South Carolina: State v. Brown (1916) 103 S.C. 437 [88 S.E. 21],
Tennessee: Copley v. State (1926) 153 Tenn. 189 [281 S.W. 460]; State v. Barger (Tenn.Crim. 1980) 612 S.W.2d 485.
Texas: Parker v. State (1904) 46 Tex.Crim 461 [80 S.W. 1008],
Vermont: State v. Bourassa (1979) 137 Vt. 62 [399 A.2d 507].
Washington: State v. Socolof (1981) 28 Wn.App. 407 [623 P.2d 733] (admissible where all five foundational elements met).
West Virginia: State v. McKinney (1921) 88 W.Va. 400 [106 S.E. 894].
As noted in Blair v. Commonwealth (1918) 181 Ky. 218, 220-221 [204 S.W. 67, 68]: “If we may credit Sir Walter Scott, such evidence was looked upon with favor as early as the twelfth century. In ‘The Talisman’ it is related that in the joint crusade of Richard I of England and Philip H of France, Roswell, the hound, pulled from the saddle Conrade, Marquis of Montserrat, thus mutely accusing him of the theft of the banner of England. Philip defended the marquis with the remark, ‘Surely the word of a knight and a prince should bear him out against the barking of a cur. ’ To which Richard replied, ‘Royal brother, recollect that the Almighty, who gave the dog to be companion of our pleasures and our toils, both invested him with a nature noble and incapable of deceit. He forgets neither friend nor foe—remembers, and with accuracy, both benefit and injury. He has a share of man’s intelligence, but no share of man’s falsehood. You may bribe a soldier to slay a man with his sword, or a witness to take life by false accusation; but you cannot make a hound tear his benefactor; he is the friend of man save when man justly incurs his enmity. Dress yonder Marquis in what peacock robes you will, disguise his appearance, alter his complexion with drugs, and washes, and hide himself amidst a hundred men, I will yet pawn my sceptre that the hound detects him, and expresses his resentment, as you have tins day beheld.’” (Italics added.)

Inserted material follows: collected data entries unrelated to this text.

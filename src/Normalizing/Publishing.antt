-- ===== src/Normalizing/Publishing.antt =====
-- What the normalizer's resource publishes.
use argocd_autoscaler.Base.{
  ◌≡◌, refl, ap, true, Bool-cases, inl, inr, Option, none, some, List, [], ◌∷◌, All, Pairwise,
  arith,
}
use mathlib.Core.List.{Permᴰ}
use argocd_autoscaler.Text.{Text}
use argocd_autoscaler.Arithmetic.{Arithmetic, IsRounded}
use argocd_autoscaler.Sorting.{IsSort}
use argocd_autoscaler.Controller.{Error, ok, Meta, IsMeta, is_ready, Pass}
use argocd_autoscaler.Controller.Calls.{finish-All, not_ready-set}
use argocd_autoscaler.LoadIndexing.{Metric, ById}
use argocd_autoscaler.LoadIndexing.Groups.{of_id}
use argocd_autoscaler.LoadIndexing.Reconcile.{MetricValuesProvider, found}
use argocd_autoscaler.Outcomes as Outcomes
use argocd_autoscaler.Outcomes.{Outcome, returned, ◌>>=◌}
use argocd_autoscaler.Normalizing.{
  normalize, normalize_groups, group_by_id, shift, find_range, no_range, offset_of,
}
use argocd_autoscaler.Outcomes.{>>=-eq_returned}
use argocd_autoscaler.Normalizing.Offset.{
  IsShifted, shift_all-IsShifted, IsRange, find_range-IsRange,
}
use argocd_autoscaler.Normalizing.Order.{IsNormalized, normalize-IsNormalized}
use argocd_autoscaler.Normalizing.Reconcile.{
  Resource, Call, delete_values, set_value, update_status, factor, record_values, report, publish,
  check_provider, find_provider, reconcile,
}
use Prim.Native.String.{String}

module _ (n : Arithmetic) (m : Meta) where
  -- The values that are published: those of the provider, each ID normalized, and, if the spec asks
  -- for an offset, shifted by the distance of 0 from the least value and the factor's multiple of the
  -- distance of the least and the greatest value.
  pub data IsResult (xs : List (Metric n)) : Option n.Float → List (Metric n) → Type 0 where
    plain :
        {ys : List (Metric n)}
        → ((id : Text) → IsNormalized n (of_id n id xs) (of_id n id ys))
        → IsResult xs none ys
    shifted :
        {e : n.Float} {ys : List (Metric n)} (zs : List (Metric n)) (least greatest : n.Float)
        → ((id : Text) → IsNormalized n (of_id n id xs) (of_id n id zs))
        → IsRange n zs least greatest
        → Pairwise (IsShifted n (n.add (n.neg least) (n.mul e (n.sub greatest least)))) zs ys
        → IsResult xs (some e) ys

  pub record IsFaithful (p : MetricValuesProvider n m) (s s' : Resource n m) : Type 0 where
    pub provider_ready : is_ready m p.conditions ≡ true
    pub values : IsResult p.values (factor n m s.spec.positive_offset_e) s'.status.values

  unfoldable pub IsPublishable : MetricValuesProvider n m → Resource n m → Call n m → Type 0
  IsPublishable p s delete_values = Unit
  IsPublishable p s (set_value labels value) = Unit
  IsPublishable p s (update_status s') = is_ready m s'.status.conditions ≡ true → IsFaithful p s s'

  module _ (laws : IsMeta m) (rounded : IsRounded n) (sort : List n.Float → List n.Float)
      (sorting : IsSort n.lt sort) (order : ById n → ById n)
      (rearranges : (es : ById n) → Permᴰ (order es) es) (answer : Call n m → Option Error)
      (p : MetricValuesProvider n m) (s : Resource n m) where
    normalize-IsResult :
        (e : Option n.Float) (xs ys : List (Metric n))
        → normalize n sort order e xs ≡ returned ys
        → IsResult xs e ys
    unfolding normalize shift
    normalize-IsResult none xs ys h =
        plain (normalize-IsNormalized n rounded sort sorting order rearranges xs h)
    normalize-IsResult (some e) xs ys h =
        let groups = normalize_groups n sort (order (group_by_id n xs)) in
        let (zs, normalized, h') = >>=-eq_returned groups (shift n (some e)) h in
        let r = find_range n zs (no_range n) in
        shifted zs r.0 r.1
          (normalize-IsNormalized n rounded sort sorting order rearranges xs
            (ap (λ o. o >>= shift n none) normalized))
          (find_range-IsRange n rounded zs) (shift_all-IsShifted n (offset_of n e r) zs ys h')

    abbrev Publishable : Call n m → Type 0
    Publishable = IsPublishable p s

    report-Publishable :
        (reason : String) → All Publishable (report n m sort order answer reason s).calls
    unfolding IsPublishable
    report-Publishable reason =
        finish-All Publishable answer _ _
          (λ e. let e' = not_ready-set m laws s.status.conditions reason in ground arith)

    record_values-Publishable :
        (xs : List (Metric n)) (rest : Pass (Call n m))
        → All Publishable rest.calls
        → All Publishable (record_values n m xs rest).calls
    unfolding record_values IsPublishable
    record_values-Publishable [] rest h = h
    record_values-Publishable (x ∷ xs) rest h = (tt, record_values-Publishable xs rest h)

    publish-Publishable :
        (o : Outcome (List (Metric n)))
        → is_ready m p.conditions ≡ true
        → normalize n sort order (factor n m s.spec.positive_offset_e) p.values ≡ o
        → All Publishable (publish n m sort order answer s o).calls
    unfolding publish IsPublishable
    publish-Publishable Outcomes.panicked r e = tt
    publish-Publishable Outcomes.failed r e = report-Publishable "ErrorDuringNormalization"
    publish-Publishable (Outcomes.returned ys) r e = (
      tt,
      record_values-Publishable ys _ (
          finish-All Publishable answer _ _ (λ is_ready. record {
            provider_ready = r;
            values = normalize-IsResult (factor n m s.spec.positive_offset_e) p.values ys e;
          })),
    )

    -- Where a condition that is set is the one that is found, rounding keeps the order of numbers and
    -- sort.Float64s sorts: whatever the API server answers and in whatever order the map of metric
    -- IDs is walked, a ready status that a pass writes has the metrics of the provider, which was
    -- ready: those of each ID scaled by the median and the distance of the quartiles of their values,
    -- each with its shard and in the order of their sizes, and then, if the spec asks for an offset,
    -- all of them shifted by minus the least value and the factor's multiple of the distance of the
    -- least and the greatest value.
    pub reconcile-IsPublishable :
        All (IsPublishable p s) (reconcile n m sort order answer (found s) (ok p)).calls
    unfolding reconcile find_provider check_provider
    reconcile-IsPublishable = elim (Bool-cases (is_ready m p.conditions)) [
      | inl r ↦ rw r (publish-Publishable _ r refl)
      | inr r ↦ rw r (report-Publishable "MetricValuesProviderNotReady")
    ]
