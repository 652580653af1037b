-- ===== src/Examples/Normals.antt =====
-- The metrics of five shards, normalized.
use argocd_autoscaler.Base.{
  ℕ, ◌≡◌, refl, false, Option, none, some, List, [], ◌∷◌, All, Pairwise, arith, ltb,
}
use Prim.Native.String.{String}
use mathlib.Core.List.Permᴰ
use argocd_autoscaler.Text.{text_eq, bytes, decimal, parse_number}
use argocd_autoscaler.Text.Decimal.{parse_number-decimal}
use argocd_autoscaler.Arithmetic.{whole, whole-IsRounded}
use argocd_autoscaler.Sorting.{insertion_sort, insertion_sort-IsSort, IsSort, IsLess}
use argocd_autoscaler.Maps.{alter}
use argocd_autoscaler.Controller.{last_condition, ok, ready, Error}
use argocd_autoscaler.LoadIndexing.{Metric}
use argocd_autoscaler.LoadIndexing.Groups.{of_id}
use argocd_autoscaler.LoadIndexing.Reconcile.{MetricValuesProvider, found}
use argocd_autoscaler.Outcomes.{returned}
use argocd_autoscaler.Normalizing.{normalize}
use argocd_autoscaler.Outcomes.{Returns}
use argocd_autoscaler.Normalizing.Separate.{normalize_alone, normalize-alone}
use argocd_autoscaler.Normalizing.Total.{normalize-Returns}
use argocd_autoscaler.Normalizing.Order.{IsNormalized, normalize-IsNormalized}
use argocd_autoscaler.Normalizing.Offset.{IsShifted, normalize_offset}
use argocd_autoscaler.Normalizing.Reconcile.{Resource, Call, reconcile}
use argocd_autoscaler.Normalizing.Publishing.{IsPublishable, reconcile-IsPublishable}
use argocd_autoscaler.Examples.Loads.{measured, walk}

ltb-IsLess : IsLess ltb
ltb-IsLess = record { asymm = λ x y h. ground arith; cotrans = λ x y z h k. ground arith }

sorts : IsSort ltb (insertion_sort ltb)
sorts = insertion_sort-IsSort ltb ltb-IsLess

abbrev cpus : List (Metric whole)
cpus =
    measured "a" "cpu" 10
    ∷ measured "b" "apps" 4
    ∷ measured "b" "cpu" 11
    ∷ measured "c" "cpu" 50
    ∷ measured "d" "cpu" 10
    ∷ measured "e" "cpu" 10
    ∷ []

abbrev come_to : String → String → ℕ → String → Metric whole
come_to s id k text = record (measured s id k) { display_value = bytes text }

abbrev normals : List (Metric whole)
normals =
    come_to "a" "cpu" 0 "0"
    ∷ come_to "b" "cpu" 0 "0"
    ∷ come_to "c" "cpu" 2 "2"
    ∷ come_to "d" "cpu" 0 "0"
    ∷ come_to "e" "cpu" 0 "0"
    ∷ come_to "b" "apps" 0 "0"
    ∷ []

-- With the factor 3, the offset is 3 * (2 - 0).
abbrev offsets : List (Metric whole)
offsets =
    come_to "a" "cpu" 6 "0"
    ∷ come_to "b" "cpu" 6 "0"
    ∷ come_to "c" "cpu" 8 "2"
    ∷ come_to "d" "cpu" 6 "0"
    ∷ come_to "e" "cpu" 6 "0"
    ∷ come_to "b" "apps" 6 "0"
    ∷ []

cpus-normals : normalize whole (insertion_sort ltb) walk none cpus ≡ returned normals
unfolding normalize text_eq decimal parse_number alter insertion_sort
cpus-normals = refl

cpus-offsets : normalize whole (insertion_sort ltb) walk (some 3) cpus ≡ returned offsets
unfolding normalize text_eq decimal parse_number alter insertion_sort
cpus-offsets = refl

normalize-alone_example :
    normalize_alone whole (insertion_sort ltb) (of_id whole (bytes "cpu") cpus)
    ≡ returned (of_id whole (bytes "cpu") normals)
normalize-alone_example =
    normalize-alone whole (insertion_sort ltb) walk (λ es. Permᴰ.refl es) cpus cpus-normals
      (bytes "cpu")

normalize-Returns_example : Returns (normalize whole (insertion_sort ltb) walk (some 3) cpus)
normalize-Returns_example =
    normalize-Returns whole (insertion_sort ltb) sorts.permutes walk (λ es. Permᴰ.refl es)
      (λ x. (x, parse_number-decimal x)) (some 3) cpus

normalize-IsNormalized_example :
    IsNormalized whole (of_id whole (bytes "cpu") cpus) (of_id whole (bytes "cpu") normals)
normalize-IsNormalized_example =
    normalize-IsNormalized whole whole-IsRounded (insertion_sort ltb) sorts walk
      (λ es. Permᴰ.refl es) cpus cpus-normals (bytes "cpu")

normalize_offset_example :
    (zs : List (Metric whole)) × (offset : ℕ) × (normalize whole (insertion_sort ltb) walk none cpus
      ≡ returned zs)
    × Pairwise (IsShifted whole offset) zs offsets
    × All (λ y. ltb y.value 0 ≡ false) offsets
normalize_offset_example =
    normalize_offset whole whole-IsRounded (insertion_sort ltb) walk 3 cpus (ground arith)
      cpus-offsets

abbrev normalizer : Resource whole last_condition
normalizer = record {
  spec = record { positive_offset_e = some 3 };
  status = record { conditions = none; values = [] };
}

abbrev polled : MetricValuesProvider whole last_condition
polled = record { conditions = some ready; values = cpus }

abbrev takes : Call whole last_condition → Option Error
takes c = none

reconcile-IsPublishable_example :
    All
      (IsPublishable whole last_condition polled normalizer)
      (reconcile whole last_condition
        (insertion_sort ltb)
        walk
        takes
        (found normalizer)
        (ok polled)).calls
reconcile-IsPublishable_example =
    reconcile-IsPublishable whole last_condition (record { find-set = λ cs c. refl })
      whole-IsRounded (insertion_sort ltb) sorts walk (λ es. Permᴰ.refl es) takes polled normalizer
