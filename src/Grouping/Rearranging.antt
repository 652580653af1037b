-- ===== src/Grouping/Rearranging.antt =====
-- The groups of a list, one after another, are a rearrangement of it.
use argocd_autoscaler.Base.{
  ℕ, suc, ◌≡◌, refl, ap, sym, subst, ◌∙◌, Bool, true, false, ◌||◌, List, [], ◌∷◌, ◌++◌, map, Perm,
  arith, if◌then◌else◌, Bool-cases, inl, inr, length,
}
use mathlib.Core.Path.{ap₂}
use mathlib.Core.Bool.{Bool-set}
use mathlib.Core.Logic.{∥∥₁_elim}
use mathlib.Core.List.{Permᴰ, append_assoc, perm_middle}
use mathlib.Core.List.Perm
use native.Mathlib.Nat.{ℕ_set}
use argocd_autoscaler.Text.{Text, text_eq}
use argocd_autoscaler.Text.Sorted.{has}
use argocd_autoscaler.Maps.{alter, present}
use argocd_autoscaler.Grouping.{appended, select_by, nonempty, group_by}

module _ {A : Type 0} where
  abbrev pub all_groups : List (Text × List A) → List A
  all_groups [] = []
  all_groups (e ∷ es) = e.1 ++ all_groups es

  alter-perm :
      (k : Text) (x : A) (m : List (Text × List A))
      → Perm (all_groups (alter k (appended x) m)) (x ∷ all_groups m)
  unfolding alter
  alter-perm k x [] = Perm.refl (x ∷ [])
  alter-perm k x ((j, v) ∷ m) = elim (Bool-cases (text_eq j k)) [
    | inl e ↦ rw (e, append_assoc v (x ∷ []) (all_groups m)) (perm_middle v (all_groups m))
    | inr e ↦
        rw e (Perm.trans (Perm.append_left v (alter-perm k x m)) (perm_middle v (all_groups m)))
  ]

  pub group_by-perm :
      (key : A → Text) (xs : List A) (m : List (Text × List A))
      → Perm (all_groups (group_by key xs m)) (xs ++ all_groups m)
  unfolding group_by
  group_by-perm key [] m = Perm.refl (all_groups m)
  group_by-perm key (x ∷ xs) m =
      Perm.trans (group_by-perm key xs (alter (key x) (appended x) m))
        (Perm.trans (Perm.append_left xs (alter-perm (key x) x m)) (perm_middle xs (all_groups m)))

  swap_lem : (u v l : List A) → Perm (u ++ (v ++ l)) (v ++ (u ++ l))
  swap_lem [] v l = Perm.refl (v ++ l)
  swap_lem (x ∷ u) v l =
      Perm.trans (Perm.cons x (swap_lem u v l)) (Perm.symm (perm_middle v (u ++ l)))

  pub all_groups-Permᴰ :
      {l r : List (Text × List A)} → Permᴰ l r → Perm (all_groups l) (all_groups r)
  all_groups-Permᴰ Permᴰ.nil = Perm.refl []
  all_groups-Permᴰ (Permᴰ.cons {a = a} {b = b} {l₁ = l} {l₂ = r} e d) =
      subst (λ g. Perm (a.1 ++ all_groups l) (g.1 ++ all_groups r)) e
        (Perm.append_left a.1 (all_groups-Permᴰ d))
  all_groups-Permᴰ (Permᴰ.swap {a = a} {b = b} {a' = a'} {b' = b'} {l = l} e e') =
      subst (λ g. Perm (a.1 ++ (b.1 ++ all_groups l)) (g.1 ++ (b'.1 ++ all_groups l))) e'
        (subst (λ g. Perm (a.1 ++ (b.1 ++ all_groups l)) (b.1 ++ (g.1 ++ all_groups l))) e
          (swap_lem a.1 b.1 (all_groups l)))
  all_groups-Permᴰ (Permᴰ.trans d d') = Perm.trans (all_groups-Permᴰ d) (all_groups-Permᴰ d')

abbrev pub bit : Bool → ℕ
bit true = 1
bit false = 0

-- How many elements have a key, and whether one does.
module _ {A : Type 0} (key : A → Text) where
  or_swap : (a b c : Bool) → a || (b || c) ≡ b || (a || c)
  or_swap a b c = ground arith

  has_key-Permᴰ : (k : Text) {l r : List A} → Permᴰ l r → has k (map key l) ≡ has k (map key r)
  unfolding has
  has_key-Permᴰ k Permᴰ.nil = refl
  has_key-Permᴰ k (Permᴰ.cons e d) = ap₂ (λ x b. text_eq (key x) k || b) e (has_key-Permᴰ k d)
  has_key-Permᴰ k (Permᴰ.swap {a' = u} {b' = v} {l = l} e e') =
      ap₂ (λ x y. text_eq (key x) k || (text_eq (key y) k || has k (map key l))) e e'
      ∙ or_swap (text_eq (key v) k) (text_eq (key u) k) (has k (map key l))
  has_key-Permᴰ k (Permᴰ.trans d d') = has_key-Permᴰ k d ∙ has_key-Permᴰ k d'

  pub has_key-perm : (k : Text) {l r : List A} → Perm l r → has k (map key l) ≡ has k (map key r)
  has_key-perm k p = ∥∥₁_elim p (Bool-set _ _) (λ d. has_key-Permᴰ k d)

  abbrev counted : Text → A → ℕ → ℕ
  counted k x c = if text_eq (key x) k then suc c else c

  length-select_by :
      (k : Text) (x : A) (xs : List A)
      → length (select_by key k (x ∷ xs)) ≡ counted k x (length (select_by key k xs))
  unfolding select_by
  length-select_by k x xs = elim (Bool-cases (text_eq (key x) k)) [
    | inl e ↦ rw e refl
    | inr e ↦ rw e refl
  ]

  counted-swap :
      (k : Text) (x y : A) (c : ℕ) → counted k x (counted k y c) ≡ counted k y (counted k x c)
  counted-swap k x y c = ground arith

  count-Permᴰ :
      (k : Text) {l r : List A}
      → Permᴰ l r
      → length (select_by key k l) ≡ length (select_by key k r)
  count-Permᴰ k Permᴰ.nil = refl
  count-Permᴰ k (Permᴰ.cons {a = a} {b = b} {l₁ = l} {l₂ = r} e d) =
      length-select_by k a l ∙ ap₂ (counted k) e (count-Permᴰ k d) ∙ sym (length-select_by k b r)
  count-Permᴰ k (Permᴰ.swap {a = a} {b = b} {a' = u} {b' = v} {l = l} e e') =
      length-select_by k a (b ∷ l)
      ∙ ap (counted k a) (length-select_by k b l)
      ∙ ap₂ (λ x y. counted k x (counted k y (length (select_by key k l)))) e e'
      ∙ counted-swap k v u (length (select_by key k l))
      ∙ ap (counted k u) (sym (length-select_by k v l))
      ∙ sym (length-select_by k u (v ∷ l))
  count-Permᴰ k (Permᴰ.trans d d') = count-Permᴰ k d ∙ count-Permᴰ k d'

  pub count-perm :
      (k : Text) {l r : List A} → Perm l r → length (select_by key k l) ≡ length (select_by key k r)
  count-perm k p = ∥∥₁_elim p (ℕ_set _ _) (λ d. count-Permᴰ k d)

  -- A key is selected somewhere exactly if it is among the keys.
  pub present-select_by :
      (k : Text) (xs : List A) → present (nonempty (select_by key k xs)) ≡ bit (has k (map key xs))
  unfolding select_by has
  present-select_by k [] = refl
  present-select_by k (x ∷ xs) = elim (Bool-cases (text_eq (key x) k)) [
    | inl e ↦ rw e refl
    | inr e ↦ rw e (present-select_by k xs)
  ]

While the dog may have remained man’s best friend through the ages, I would like to think that the law has made some progress since the reign of Richard I of England from 1189-1199.
We observe that it took the dog about 35 to 40 minutes to track down appellant, a distance of about seven-tenths of a mile. The explanation seems to be that the wind blew the scent around and the dog, apparently, would lose it and then have to nose around to pick up the scent again. Obviously, this would seem to detract from the reliability of the dog-tracking here.